Output the entire listing without altering anything.

[Opening Provided data section]

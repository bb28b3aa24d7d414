-- ===== src/Packet/TransportParameters/Writing.antt =====
-- Transport parameters are written one after the other (src/aioquic/quic/packet.py).
use aioquic.Base.{
  ℕ, ◌+◌, ◌≤◌, ◌≡◌, ap, sym, arith, Option, none, some, List, [], ◌∷◌, ◌++◌, length, replicate,
  length-replicate,
}
use native.Mathlib.Nat.{zero-add}
use aioquic.Base.Exception.{ok}
use aioquic.Buffer.{new, push_uint_var, push_bytes}
use aioquic.Buffer.Codes.{Pushes-then, push_bytes_lem, put-nil, written-put}
use aioquic.Buffer.Pulls.{Pushes, rest}
use aioquic.Buffer.Varint.{Fits, uint_var, push_uint_var_lem}
use aioquic.Packet.TransportParameters.{
  ParamType, Value, QuicTransportParameters, params, type_of, set_param, push_param, push_params,
}
use aioquic.Packet.TransportParameters.Values.{value_type, IsValue, value_bytes, push_value_lem}

-- A value of the parameter's type, that fits the buffer of 65536 bytes.
abbrev IsParam : ParamType → Option Value → Type 0
IsParam param_type none = Unit
IsParam param_type (some value) =
    (value_type value ≡ param_type) × IsValue value × (length (value_bytes value) ≤ 65536)

abbrev pub AllParams : List (ℕ × ParamType) → QuicTransportParameters → Type 0
AllParams [] p = Unit
AllParams ((param_id, param_type) ∷ rest) p = IsParam param_type (p param_id) × AllParams rest p

abbrev param_bytes : ℕ → Option Value → List ℕ
param_bytes param_id none = []
param_bytes param_id (some value) =
    uint_var param_id ++ (uint_var (length (value_bytes value)) ++ value_bytes value)

abbrev pub all_bytes : List (ℕ × ParamType) → QuicTransportParameters → List ℕ
all_bytes [] p = []
all_bytes ((param_id, param_type) ∷ ids) p = param_bytes param_id (p param_id) ++ all_bytes ids p

push_param_lem :
    (param_id : ℕ) (param_type : ParamType) (value : Option Value)
    → Fits param_id
    → IsParam param_type value
    → Pushes (push_param param_id value) (param_bytes param_id value)
unfolding push_param
push_param_lem param_id param_type none f v = λ b h. ap ok (sym (put-nil b))
push_param_lem param_id param_type (some value) f (e, v, l) =
    let bytes = value_bytes value in
    let b = new (replicate 65536 0) in
    let room : b.pos + length bytes ≤ length b.memory =
      omega (arith, l, length-replicate {A = ℕ} 65536 0) in
    rw (push_value_lem value v b room, written-put b bytes room, zero-add (length bytes))
      (Pushes-then (λ c. push_uint_var c param_id) _ (uint_var param_id) _
        (push_uint_var_lem param_id f)
        (Pushes-then (λ c. push_uint_var c (length bytes)) (λ c. push_bytes c bytes)
          (uint_var (length bytes)) bytes (push_uint_var_lem (length bytes) (omega arith))
          (push_bytes_lem bytes)))

abbrev pub AllFit : List (ℕ × ParamType) → Type 0
AllFit [] = Unit
AllFit ((param_id, param_type) ∷ ids) = Fits param_id × AllFit ids

pub push_params_lem :
    (ids : List (ℕ × ParamType)) (p : QuicTransportParameters)
    → AllFit ids
    → AllParams ids p
    → Pushes (push_params ids p) (all_bytes ids p)
unfolding push_params
push_params_lem [] p f v = λ b h. ap ok (sym (put-nil b))
push_params_lem ((param_id, param_type) ∷ ids) p (f, fs) (v, vs) =
    Pushes-then (push_param param_id (p param_id)) (push_params ids p)
      (param_bytes param_id (p param_id)) (all_bytes ids p)
      (push_param_lem param_id param_type (p param_id) f v) (push_params_lem ids p fs vs)

-- What the loop leaves of the parameters that it reads.
abbrev pub set_some : QuicTransportParameters → ℕ → Option Value → QuicTransportParameters
set_some acc param_id none = acc
set_some acc param_id (some value) = set_param acc param_id value

abbrev pub set_all :
    List (ℕ × ParamType)
    → QuicTransportParameters
    → QuicTransportParameters
    → QuicTransportParameters
set_all [] p acc = acc
set_all ((param_id, param_type) ∷ ids) p acc = set_all ids p (set_some acc param_id (p param_id))

-- Every identifier has its type in PARAMS.
abbrev pub Known : List (ℕ × ParamType) → Type 0
Known [] = Unit
Known ((param_id, param_type) ∷ ids) = (type_of params param_id ≡ some param_type) × Known ids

[Closing Provided data section]

Output for this task
repository bb28b3aa24d7d414
-- ===== src/Packet/TransportParameters/Writing.antt =====
-- Transport parameters are written one after the other (src/aioquic/quic/packet.py).
use aioquic.Base.{
  ℕ, ◌+◌, ◌≤◌, ◌≡◌, ap, sym, arith, Option, none, some, List, [], ◌∷◌, ◌++◌, length, replicate,
  length-replicate,
}
use native.Mathlib.Nat.{zero-add}
use aioquic.Base.Exception.{ok}
use aioquic.Buffer.{new, push_uint_var, push_bytes}
use aioquic.Buffer.Codes.{Pushes-then, push_bytes_lem, put-nil, written-put}
use aioquic.Buffer.Pulls.{Pushes, rest}
use aioquic.Buffer.Varint.{Fits, uint_var, push_uint_var_lem}
use aioquic.Packet.TransportParameters.{
  ParamType, Value, QuicTransportParameters, params, type_of, set_param, push_param, push_params,
}
use aioquic.Packet.TransportParameters.Values.{value_type, IsValue, value_bytes, push_value_lem}

-- A value of the parameter's type, that fits the buffer of 65536 bytes.
abbrev IsParam : ParamType → Option Value → Type 0
IsParam param_type none = Unit
IsParam param_type (some value) =
    (value_type value ≡ param_type) × IsValue value × (length (value_bytes value) ≤ 65536)

abbrev pub AllParams : List (ℕ × ParamType) → QuicTransportParameters → Type 0
AllParams [] p = Unit
AllParams ((param_id, param_type) ∷ rest) p = IsParam param_type (p param_id) × AllParams rest p

abbrev param_bytes : ℕ → Option Value → List ℕ
param_bytes param_id none = []
param_bytes param_id (some value) =
    uint_var param_id ++ (uint_var (length (value_bytes value)) ++ value_bytes value)

abbrev pub all_bytes : List (ℕ × ParamType) → QuicTransportParameters → List ℕ
all_bytes [] p = []
all_bytes ((param_id, param_type) ∷ ids) p = param_bytes param_id (p param_id) ++ all_bytes ids p

push_param_lem :
    (param_id : ℕ) (param_type : ParamType) (value : Option Value)
    → Fits param_id
    → IsParam param_type value
    → Pushes (push_param param_id value) (param_bytes param_id value)
unfolding push_param
push_param_lem param_id param_type none f v = λ b h. ap ok (sym (put-nil b))
push_param_lem param_id param_type (some value) f (e, v, l) =
    let bytes = value_bytes value in
    let b = new (replicate 65536 0) in
    let room : b.pos + length bytes ≤ length b.memory =
      omega (arith, l, length-replicate {A = ℕ} 65536 0) in
    rw (push_value_lem value v b room, written-put b bytes room, zero-add (length bytes))
      (Pushes-then (λ c. push_uint_var c param_id) _ (uint_var param_id) _
        (push_uint_var_lem param_id f)
        (Pushes-then (λ c. push_uint_var c (length bytes)) (λ c. push_bytes c bytes)
          (uint_var (length bytes)) bytes (push_uint_var_lem (length bytes) (omega arith))
          (push_bytes_lem bytes)))

abbrev pub AllFit : List (ℕ × ParamType) → Type 0
AllFit [] = Unit
AllFit ((param_id, param_type) ∷ ids) = Fits param_id × AllFit ids

pub push_params_lem :
    (ids : List (ℕ × ParamType)) (p : QuicTransportParameters)
    → AllFit ids
    → AllParams ids p
    → Pushes (push_params ids p) (all_bytes ids p)
unfolding push_params
push_params_lem [] p f v = λ b h. ap ok (sym (put-nil b))
push_params_lem ((param_id, param_type) ∷ ids) p (f, fs) (v, vs) =
    Pushes-then (push_param param_id (p param_id)) (push_params ids p)
      (param_bytes param_id (p param_id)) (all_bytes ids p)
      (push_param_lem param_id param_type (p param_id) f v) (push_params_lem ids p fs vs)

-- What the loop leaves of the parameters that it reads.
abbrev pub set_some : QuicTransportParameters → ℕ → Option Value → QuicTransportParameters
set_some acc param_id none = acc
set_some acc param_id (some value) = set_param acc param_id value

abbrev pub set_all :
    List (ℕ × ParamType)
    → QuicTransportParameters
    → QuicTransportParameters
    → QuicTransportParameters
set_all [] p acc = acc
set_all ((param_id, param_type) ∷ ids) p acc = set_all ids p (set_some acc param_id (p param_id))

-- Every identifier has its type in PARAMS.
abbrev pub Known : List (ℕ × ParamType) → Type 0
Known [] = Unit
Known ((param_id, param_type) ∷ ids) = (type_of params param_id ≡ some param_type) × Known ids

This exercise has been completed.